Copy out each line of the data below in which "exists" appears.
══ DATA PROVIDED
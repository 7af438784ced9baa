-- ===== src/Session/Lifecycle.antt =====
-- The other calls of a session: `get_messages`, `destroy` and `abort` of python/copilot/session.py.
use copilot_sdk.Prelude.{
  String, ◌≡◌, refl, none, List, [], ◌∷◌, Result, ok, err, Error, ◌>>=◌, lookup-nil, map, All,
}
use copilot_sdk.Value.{Value, Items, str, nil, cons, dict, iterate, of_list}
use copilot_sdk.Session.{Session}
use copilot_sdk.Session.Tools.{get_tool_handler}
use copilot_sdk.Session.Requests.{Call, denied, handle_permission_request}
use copilot_sdk.Session.Waiting.{Request, item}

-- `{"sessionId": self.session_id}`
abbrev pub own_id : Session → Value
own_id s = dict (("sessionId", str s.session_id) ∷ [])

-- `[session_event_from_dict(d) for d in items]`
unfoldable pub parse_each : {E : Type 0} → (Value → Result E) → Items → Result (List E)
parse_each parse nil = ok []
parse_each parse (cons v vs) = do e ← parse v; es ← parse_each parse vs; ok (e ∷ es)

-- Items that are read back one by one are read back together.
pub parse_each-of_list :
    {M : Type 0} (read : Value → Result M) (write : M → Value) (ms : List M)
    → All (λ m. read (write m) ≡ ok m) ms
    → parse_each read (of_list (map write ms)) ≡ ok ms
unfolding parse_each of_list
parse_each-of_list read write [] h = refl
parse_each-of_list read write (m ∷ ms) (h, hs) = rw (h, parse_each-of_list read write ms hs)

-- `get_messages`
unfoldable pub get_messages :
    {E : Type 0} → Request → (Value → Result E) → Session → Result (List E)
unfolding parse_each
get_messages request parse s = do
  response ← request "session.getMessages" (own_id s)
  events ← item "events" response
  items ← iterate events
  parse_each parse items

abbrev after_destroy : Session → Result Value → Result (Unit {0}) × Session
after_destroy s (err e) = (err e, s)
after_destroy s (ok _) =
    (ok tt, record s { event_handlers = []; tool_handlers = []; permission_handler = none })

-- `destroy`: the handlers are cleared only once the server has agreed.
unfoldable pub destroy : Request → Session → Result (Unit {0}) × Session
destroy request s = after_destroy s (request "session.destroy" (own_id s))

-- `abort`
unfoldable pub abort : Request → Session → Result (Unit {0})
abort request s = request "session.abort" (own_id s) >>= λ _. ok tt

-- A destroyed session has no event handlers and no tools and denies every permission; its user input
-- handler and its hooks are still registered.
pub record IsDestroyed (before after : Session) : Type 0 where
  pub no_events : after.event_handlers ≡ []
  pub no_tools : (name : String) → get_tool_handler name after ≡ none
  pub denies :
      (call : Call) (request : Value) → handle_permission_request call request after ≡ denied
  pub keeps_input : after.user_input_handler ≡ before.user_input_handler
  pub keeps_hooks : after.hooks ≡ before.hooks

-- When the server agrees, `destroy` leaves a session with no event handlers, no tools and every
-- permission denied, and with its user input handler and its hooks as they were.
pub destroy-IsDestroyed :
    (request : Request) (s : Session) (v : Value)
    → request "session.destroy" (own_id s) ≡ ok v
    → ((destroy request s).0 ≡ ok tt) × IsDestroyed s (destroy request s).1
unfolding destroy get_tool_handler handle_permission_request
destroy-IsDestroyed request s v agreed = rw agreed (
  refl,
  record {
    no_events = refl;
    no_tools = λ name. lookup-nil name;
    denies = λ call r. refl;
    keeps_input = refl;
    keeps_hooks = refl;
  },
)

-- When the server refuses, `destroy` raises what the request raised and the session is as before.
destroy-refused :
    (request : Request) (s : Session) (e : Error)
    → request "session.destroy" (own_id s) ≡ err e
    → destroy request s ≡ (err e, s)
unfolding destroy
destroy-refused request s e refused = rw refused
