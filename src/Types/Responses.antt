-- ===== src/Types/Responses.antt =====
-- `PingResponse`, `StopError`, `GetStatusResponse` and `GetAuthStatusResponse` of
-- python/copilot/types.py.
use copilot_sdk.Prelude.{String, ◌≡◌, refl, ◌||◌, Bool, List, [], ◌∷◌, Result, ok, ◌>>=◌}
use copilot_sdk.Prelude.Int.{ℤ}
use copilot_sdk.Value.{Value, bool, int, str, obj, is_none, truthy}
use copilot_sdk.Wire.{Entry, always, given, to_fields, of_class, of_class-to_fields}
use copilot_sdk.Types.{Conversions, to_str, to_int, required}

-- `PingResponse`
pub record PingResponse : Type 0 where
  pub message : String
  pub timestamp : ℤ
  pub protocol_version : ℤ

abbrev read_ping_response : Conversions → (String → Value) → Result PingResponse
read_ping_response c get =
    required
      (is_none (get "message") || is_none (get "timestamp") || is_none (get "protocolVersion"))
      (to_int c (get "timestamp") >>= λ timestamp.
        to_int c (get "protocolVersion") >>= λ protocol_version. ok (record {
          message = to_str c (get "message");
          timestamp = timestamp;
          protocol_version = protocol_version;
        }))

-- `PingResponse.from_dict`
unfoldable pub ping_response_from_dict : Conversions → Value → Result PingResponse
ping_response_from_dict c v = of_class (read_ping_response c) v

abbrev ping_response_entries : PingResponse → List Entry
ping_response_entries x =
    always "message" (str x.message)
    ∷ always "timestamp" (int x.timestamp)
    ∷ always "protocolVersion" (int x.protocol_version)
    ∷ []

-- `PingResponse.to_dict`
unfoldable pub ping_response_to_dict : PingResponse → Value
ping_response_to_dict x = obj (to_fields (ping_response_entries x))

pub ping_response-round_trip :
    (c : Conversions) (x : PingResponse)
    → ping_response_from_dict c (ping_response_to_dict x) ≡ ok x
unfolding ping_response_from_dict ping_response_to_dict required to_str to_int
ping_response-round_trip c x =
    of_class-to_fields (read_ping_response c) (ping_response_entries x) refl

-- `StopError`
pub record StopError : Type 0 where
  pub message : String

abbrev read_stop_error : Conversions → (String → Value) → Result StopError
read_stop_error c get =
    required (is_none (get "message")) (ok (record { message = to_str c (get "message") }))

-- `StopError.from_dict`
unfoldable pub stop_error_from_dict : Conversions → Value → Result StopError
stop_error_from_dict c v = of_class (read_stop_error c) v

abbrev stop_error_entries : StopError → List Entry
stop_error_entries x = always "message" (str x.message) ∷ []

-- `StopError.to_dict`
unfoldable pub stop_error_to_dict : StopError → Value
stop_error_to_dict x = obj (to_fields (stop_error_entries x))

pub stop_error-round_trip :
    (c : Conversions) (x : StopError) → stop_error_from_dict c (stop_error_to_dict x) ≡ ok x
unfolding stop_error_from_dict stop_error_to_dict required to_str
stop_error-round_trip c x = of_class-to_fields (read_stop_error c) (stop_error_entries x) refl

-- `GetStatusResponse`
pub record GetStatusResponse : Type 0 where
  pub version : String
  pub protocol_version : ℤ

abbrev read_status : Conversions → (String → Value) → Result GetStatusResponse
read_status c get = required (is_none (get "version") || is_none (get "protocolVersion")) (
    to_int c (get "protocolVersion") >>= λ protocol_version.
    ok (record { version = to_str c (get "version"); protocol_version = protocol_version }))

-- `GetStatusResponse.from_dict`
unfoldable pub get_status_response_from_dict : Conversions → Value → Result GetStatusResponse
get_status_response_from_dict c v = of_class (read_status c) v

abbrev status_entries : GetStatusResponse → List Entry
status_entries x =
    always "version" (str x.version) ∷ always "protocolVersion" (int x.protocol_version) ∷ []

-- `GetStatusResponse.to_dict`
unfoldable pub get_status_response_to_dict : GetStatusResponse → Value
get_status_response_to_dict x = obj (to_fields (status_entries x))

pub status-round_trip :
    (c : Conversions) (x : GetStatusResponse)
    → get_status_response_from_dict c (get_status_response_to_dict x) ≡ ok x
unfolding get_status_response_from_dict get_status_response_to_dict required to_str to_int
status-round_trip c x = of_class-to_fields (read_status c) (status_entries x) refl

-- `GetAuthStatusResponse`
pub record GetAuthStatusResponse : Type 0 where
  pub is_authenticated : Bool
  pub auth_type : Value
  pub host : Value
  pub login : Value
  pub status_message : Value

abbrev read_auth_status : (String → Value) → Result GetAuthStatusResponse
read_auth_status get = required (is_none (get "isAuthenticated")) (
    ok (record {
      is_authenticated = truthy (get "isAuthenticated");
      auth_type = get "authType";
      host = get "host";
      login = get "login";
      status_message = get "statusMessage";
    }))

-- `GetAuthStatusResponse.from_dict`
unfoldable pub get_auth_status_response_from_dict : Value → Result GetAuthStatusResponse
get_auth_status_response_from_dict v = of_class read_auth_status v

abbrev auth_status_entries : GetAuthStatusResponse → List Entry
auth_status_entries x =
    always "isAuthenticated" (bool x.is_authenticated)
    ∷ given "authType" x.auth_type
    ∷ given "host" x.host
    ∷ given "login" x.login
    ∷ given "statusMessage" x.status_message
    ∷ []

-- `GetAuthStatusResponse.to_dict`
unfoldable pub get_auth_status_response_to_dict : GetAuthStatusResponse → Value
get_auth_status_response_to_dict x = obj (to_fields (auth_status_entries x))

pub auth_status-round_trip :
    (x : GetAuthStatusResponse)
    → get_auth_status_response_from_dict (get_auth_status_response_to_dict x) ≡ ok x
unfolding get_auth_status_response_from_dict get_auth_status_response_to_dict required truthy
auth_status-round_trip x = of_class-to_fields read_auth_status (auth_status_entries x) refl

-- Each of the four responses is read back from the dict that it writes.
pub responses-round_trip :
    (c : Conversions) (p : PingResponse) (e : StopError) (s : GetStatusResponse)
    (a : GetAuthStatusResponse)
    → (ping_response_from_dict c (ping_response_to_dict p) ≡ ok p)
      × (stop_error_from_dict c (stop_error_to_dict e) ≡ ok e)
      × (get_status_response_from_dict c (get_status_response_to_dict s) ≡ ok s)
      × (get_auth_status_response_from_dict (get_auth_status_response_to_dict a) ≡ ok a)
responses-round_trip c p e s a = (
  ping_response-round_trip c p,
  stop_error-round_trip c e,
  status-round_trip c s,
  auth_status-round_trip a,
)
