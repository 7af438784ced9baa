-- ===== src/CopilotClient/Status.antt =====
-- Questions about the server itself: `get_state`, `ping`, `get_status` and `get_auth_status` of
-- python/copilot/client.py.
use copilot_sdk.Prelude.{
  String, Option, none, some, [], ◌∷◌, if◌then◌else◌, Result, raise, ◌>>=◌, runtime_error,
}
use copilot_sdk.Value.{Value, null, str, dict}
use copilot_sdk.Session.Waiting.{Request}
use copilot_sdk.Types.{Conversions}
use copilot_sdk.Types.Responses.{
  PingResponse, ping_response_from_dict, GetStatusResponse, get_status_response_from_dict,
  GetAuthStatusResponse, get_auth_status_response_from_dict,
}
use copilot_sdk.CopilotClient.State.{Client, ConnectionState}

abbrev pub not_connected {ℓ} : {A : Type ℓ} → Result A
not_connected = raise runtime_error "Client not connected"

-- `get_state`
unfoldable pub get_state : Client → ConnectionState
get_state c = c.state

abbrev optional_text : Option String → Value
optional_text none = null
optional_text (some text) = str text

-- `ping`
unfoldable pub ping : Conversions → Request → Option String → Client → Result PingResponse
ping conversions request message c =
    if c.has_client
    then request "ping" (dict (("message", optional_text message) ∷ []))
      >>= ping_response_from_dict conversions
    else not_connected

-- `get_status`
unfoldable pub get_status : Conversions → Request → Client → Result GetStatusResponse
get_status conversions request c =
    if c.has_client
    then request "status.get" (dict []) >>= get_status_response_from_dict conversions
    else not_connected

-- `get_auth_status`
unfoldable pub get_auth_status : Request → Client → Result GetAuthStatusResponse
get_auth_status request c =
    if c.has_client
    then request "auth.getStatus" (dict []) >>= get_auth_status_response_from_dict
    else not_connected
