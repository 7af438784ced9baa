-- ===== src/CopilotClient/Connection.antt =====
-- Connecting and stopping: `start`, `stop`, `force_stop`, `_start_cli_server`, `_connect_to_server` and
-- `_verify_protocol_version` of python/copilot/client.py.
pub mod Starting
pub mod Stopping
pub mod Sound
use Prim.Native.String.{◌++◌ as append}
use copilot_sdk.Prelude.{
  or_else, ℕ, zero, suc, String, Bool, true, false, not, ◌&&◌, Option, none, some, List, [], ◌∷◌,
  Dict, values, if◌then◌else◌, ltb, str_eq, ◌==◌, Result, ok, err, Error, ErrorKind, raise,
  runtime_error, process_exited, value_error, assertion_error, ◌>>=◌, is_some,
}
use copilot_sdk.Prelude.Int.{ℤ, pos}
use copilot_sdk.Value.{Value, Fields, null, int, str, obj, dict, get?, get_or, is_none}
use copilot_sdk.Text.{Text, Unicode}
use copilot_sdk.Session.{Session}
use copilot_sdk.Session.Waiting.{Request}
use copilot_sdk.Session.Lifecycle.{destroy}
use copilot_sdk.CopilotClient.State.{
  Client, Options, ConnectionState, disconnected, connecting, connected, error, Process, no_process,
  popen, socket,
}
use copilot_sdk.Types.{Conversions}
use copilot_sdk.CopilotClient.Status.{ping}
use copilot_sdk.CopilotClient.Command.{Output, command_line, environment, read_port}

-- What a client meets outside: the machine, the CLI process, the network and the server.
pub record World : Type 0 where
  pub unicode : Unicode
  pub show_number : ℕ → String
  -- `str`, `int` and `float` of values of other types
  pub conversions : Conversions
  pub environ : Dict String
  pub exists : String → Bool
  -- `subprocess.Popen` with a command line and an environment
  pub spawn : List String → Dict String → Result (Unit {0})
  pub output : Output
  -- `sock.connect`
  pub tcp_connect : Text → ℕ → Result (Unit {0})
  pub request : Request
  -- `process.poll()` of the spawned process, and the captured stderr
  pub return_code : Option ℕ
  pub stderr_output : String
  -- whether the thread that reads from a connection still waits in a read when the client is stopped, so
  -- that it holds the file that was made of the socket
  pub reader_waits : Bool

-- A method that may raise; what was written before stays written.
abbrev pub Exec : Type 0
Exec = Client → Result (Unit {0}) × Client

-- One method after the other; an exception of the first ends both.
abbrev pub then_do : Result (Unit {0}) × Client → Exec → Result (Unit {0}) × Client
then_do (ok u, c) m = m c
then_do (err e, c) m = (err e, c)

abbrev fail : String → Exec
fail message c = (raise runtime_error message, c)

-- A process that `_process` held before is not ended: nothing leads to it any more.
abbrev after_spawn : Result (Unit {0}) → Exec
after_spawn (err e) c = (err e, c)
after_spawn (ok u) c = (ok tt, record c { process = popen; cli_processes = suc c.cli_processes })

abbrev after_port : Result ℕ → Exec
after_port (err e) c = (err e, c)
after_port (ok n) c = (ok tt, record c { actual_port = some n })

-- `_start_cli_server`
unfoldable pub start_cli_server : World → Exec
start_cli_server w c =
    if w.exists c.options.cli_path
    then then_do
        (after_spawn
          (w.spawn (command_line w.show_number c.options) (environment w.environ c.options)) c)
        (λ c'.
          if c'.options.use_stdio
          then (ok tt, c')
          else after_port (read_port w.unicode w.output) c')
    else fail (append "Copilot CLI not found at " c.options.cli_path) c

abbrev process_set : Process → Bool
process_set no_process = false
process_set _ = true

-- `_connect_via_stdio`
unfoldable pub connect_via_stdio : Exec
connect_via_stdio c =
    if process_set c.process
    then (ok tt, record c { has_client = true })
    else fail "CLI process not started" c

abbrev after_connect : Result (Unit {0}) → Exec
after_connect (err e) c = fail (append "Failed to connect to CLI server: " e.message) c
after_connect (ok u) c =
    (ok tt, record c { process = socket; has_client = true; connections = suc c.connections })

abbrev connect_port : World → Option ℕ → Exec
connect_port w none c = fail "Server port not available" c
connect_port w (some zero) c = fail "Server port not available" c
connect_port w (some (suc n)) c = after_connect (w.tcp_connect c.actual_host (suc n)) c

-- `_connect_via_tcp`: the wrapper of the socket takes the place of the process.
unfoldable pub connect_via_tcp : World → Exec
connect_via_tcp w c = connect_port w c.actual_port c

-- `_connect_to_server`
unfoldable pub connect_to_server : World → Exec
unfolding connect_via_stdio connect_via_tcp
connect_to_server w c = if c.options.use_stdio then connect_via_stdio c else connect_via_tcp w c

-- `get_sdk_protocol_version`
abbrev pub sdk_protocol_version : ℤ
sdk_protocol_version = pos 2

abbrev same_int : ℤ → ℤ → Bool
same_int (pos a) (pos b) = a == b
same_int (ℤ.negsuc a) (ℤ.negsuc b) = a == b
same_int _ _ = false

abbrev check_version : Result ℤ → Exec
check_version (err e) c = (err e, c)
check_version (ok v) c =
    if same_int v sdk_protocol_version then (ok tt, c) else fail "SDK protocol version mismatch" c

-- `_verify_protocol_version`. The test for a version that is None is left out: `ping` has raised before it.
unfoldable pub verify_protocol_version : World → Exec
unfolding ping
verify_protocol_version w c =
    check_version (ping w.conversions w.request none c >>= λ r. ok r.protocol_version) c

-- The `try` of `start`
unfoldable pub try_start : World → Exec
try_start w c =
    then_do
      (then_do (if c.is_external_server then (ok tt, c) else start_cli_server w c)
        (connect_to_server w))
      (verify_protocol_version w)

-- Whether `poll` of the process gives an exit code.
abbrev exited : World → Process → Bool
exited w popen = is_some w.return_code
exited w _ = false

abbrev with_stderr : World → Client → Error → Error
with_stderr w c e =
    if exited w c.process && c.has_client && not (str_eq w.stderr_output "")
    then record {
      kind = runtime_error;
      message =
          append "CLI process exited with code " (
            append (w.show_number (or_else w.return_code 0)) (append "\nstderr: " w.stderr_output));
    }
    else e

-- The exception that a failed start raises.
abbrev start_error : World → Client → ErrorKind → Error → Error
start_error w c process_exited e = record { kind = runtime_error; message = e.message }
start_error w c _ e = with_stderr w c e

abbrev after_try : World → Result (Unit {0}) × Client → Result (Unit {0}) × Client
after_try w (ok u, c) = (ok tt, record c { state = connected })
after_try w (err e, c) = (err (start_error w c e.kind e), record c { state = error })

abbrev is_connected : ConnectionState → Bool
is_connected connected = true
is_connected _ = false

-- `start`
unfoldable pub start : World → Exec
start w c =
    if is_connected c.state
    then (ok tt, c)
    else after_try w (try_start w (record c { state = connecting }))

-- The text of the StopError of a session that could not be destroyed.
abbrev destroy_error : Session → Result (Unit {0}) → List String → List String
destroy_error s (ok u) errors = errors
destroy_error s (err e) errors =
    append "Failed to destroy session " (append s.session_id (append ": " e.message)) ∷ errors

-- The errors of destroying the sessions, in order.
unfoldable pub destroy_all : Request → List Session → List String
destroy_all request [] = []
destroy_all request (s ∷ ss) = destroy_error s (destroy request s).0 (destroy_all request ss)

-- How many are left when one is ended.
abbrev pub one_less : ℕ → ℕ
one_less zero = zero
one_less (suc n) = n

-- `terminate` or `kill` of what `_process` holds. The process ends; but to close the socket object closes
-- the connection only if no file that `makefile` made of it is still held, here by a thread that reads.
abbrev pub end_process : World → Process → Client → Client
end_process w no_process c = c
end_process w popen c = record c { process = no_process; cli_processes = one_less c.cli_processes }
end_process w socket c = record c {
  process = no_process;
  connections = if w.reader_waits then c.connections else one_less c.connections;
}

-- The part that `stop` and `force_stop` share, behind the sessions.
unfoldable pub shut_down : World → Client → Client
shut_down w c =
    let c' = record c { has_client = false; models_cache = none; sessions = [] } in
    let c'' = if c.is_external_server then c' else end_process w c.process c' in
    record c'' {
      state = disconnected;
      actual_port = if c.is_external_server then c.actual_port else none;
    }

-- `stop`, with the messages of its StopErrors
unfoldable pub stop : World → Client → List String × Client
unfolding destroy_all shut_down
stop w c = (destroy_all w.request (values c.sessions), shut_down w c)

-- `force_stop`
unfoldable pub force_stop : World → Client → Client
unfolding shut_down
force_stop w c = shut_down w c
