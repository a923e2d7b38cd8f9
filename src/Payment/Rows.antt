-- ===== src/Payment/Rows.antt =====
-- The tables of payment.service.ts, the Sui client as it uses it, and what it throws.
use arktion_sui_overflow.Prelude.{
  ok, err, throw_if, Action, List, or_throw, ltb, ℕ, ◌>>◌, true, gets, ◌>>=◌, Option, if◌then◌else◌,
  Bool, false, Result,
}
use arktion_sui_overflow.Prelude.{
  gets, or_throw, ltb, Option, ok, false, Result, true, Action, if◌then◌else◌, err, List, ◌>>=◌,
  ◌>>◌, Bool, ℕ, throw_if,
}

pub data TipStatus : Type 0 where
  pending confirmed failed : TipStatus

pub record TipTransaction : Type 0 where
  pub id : ℕ
  pub sender_id : ℕ
  pub receiver_id : ℕ
  pub series_id : ℕ
  pub amount_usdc : ℕ
  pub idempotency_key : ℕ
  pub status : TipStatus
  pub sui_tx_digest : Option ℕ
  pub confirmed_at : Option ℕ

pub record SendTransaction : Type 0 where
  pub id : ℕ
  pub sender_id : ℕ
  pub recipient_address : ℕ
  pub amount_usdc : ℕ
  pub idempotency_key : ℕ
  pub status : TipStatus
  pub sui_tx_digest : Option ℕ
  pub confirmed_at : Option ℕ

-- Users are their wallets; a series has its creator, if it has one.
pub record Payments : Type 0 where
  pub users : ℕ → Option ℕ
  pub series : ℕ → Option (Option ℕ)
  pub tip_transactions : List TipTransaction
  pub send_transactions : List SendTransaction

pub data PaymentError : Type 0 where
  below_minimum parameters_differ already_processed : PaymentError
  sender_not_found series_not_found no_creator own_series : PaymentError
  client_failed insufficient_usdc unique_violation : PaymentError
  not_found not_owner not_pending signature_invalid transaction_failed : PaymentError

-- What the service sees of `executeTransaction`: an exception, whose text may speak of the signature and
-- which does not say whether the bytes were executed, a transaction that failed on the chain, or
-- one that was executed.
pub data Execution : Type 0 where
  threw : Bool → Execution
  failed_transaction : Bool → Execution
  executed : ℕ → Execution

-- The Sui client: a wallet's USDC, the bytes of a transfer, and the execution of signed bytes.
pub record Client : Type 0 where
  pub get_balance : ℕ → Option ℕ
  pub build : ℕ → ℕ → ℕ → Option ℕ
  pub execute : ℕ → ℕ → Execution

abbrev pub Handler : Type 0 → Type 0
Handler A = Action PaymentError Payments A

abbrev pub min_tip_usdc : ℕ
min_tip_usdc = 10000

abbrev pub is_pending : TipStatus → Bool
is_pending pending = true
is_pending _ = false

-- What is thrown to the user after an exception or a failure.
abbrev pub failure : Bool → PaymentError
failure names_signature = if names_signature then signature_invalid else transaction_failed

-- The digest if the client reports that the signed bytes were executed, else the error.
unfoldable pub run_signed : Client → ℕ → ℕ → Result PaymentError ℕ
run_signed client tx_bytes signature = elim (client.execute tx_bytes signature) [
  | threw names_signature ↦ err (failure names_signature)
  | failed_transaction names_signature ↦ err (failure names_signature)
  | executed digest ↦ ok digest
]

-- The sender's balance suffices, and the client builds the transfer.
unfoldable pub build_transfer : Client → ℕ → ℕ → ℕ → Handler ℕ
build_transfer client wallet recipient amount = do
  total_balance ← or_throw (client.get_balance wallet) client_failed
  throw_if (ltb total_balance amount) insufficient_usdc
  or_throw (client.build wallet recipient amount) client_failed

-- `getUsdcBalance`
unfoldable pub get_usdc_balance : Client → ℕ → Handler ℕ
get_usdc_balance client user = do
  found ← gets (λ s. s.users user)
  wallet ← or_throw found sender_not_found
  or_throw (client.get_balance wallet) client_failed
════
### OUTPUT OF THE TASK
  pub exists : String → Bool
    if w.exists c.options.cli_path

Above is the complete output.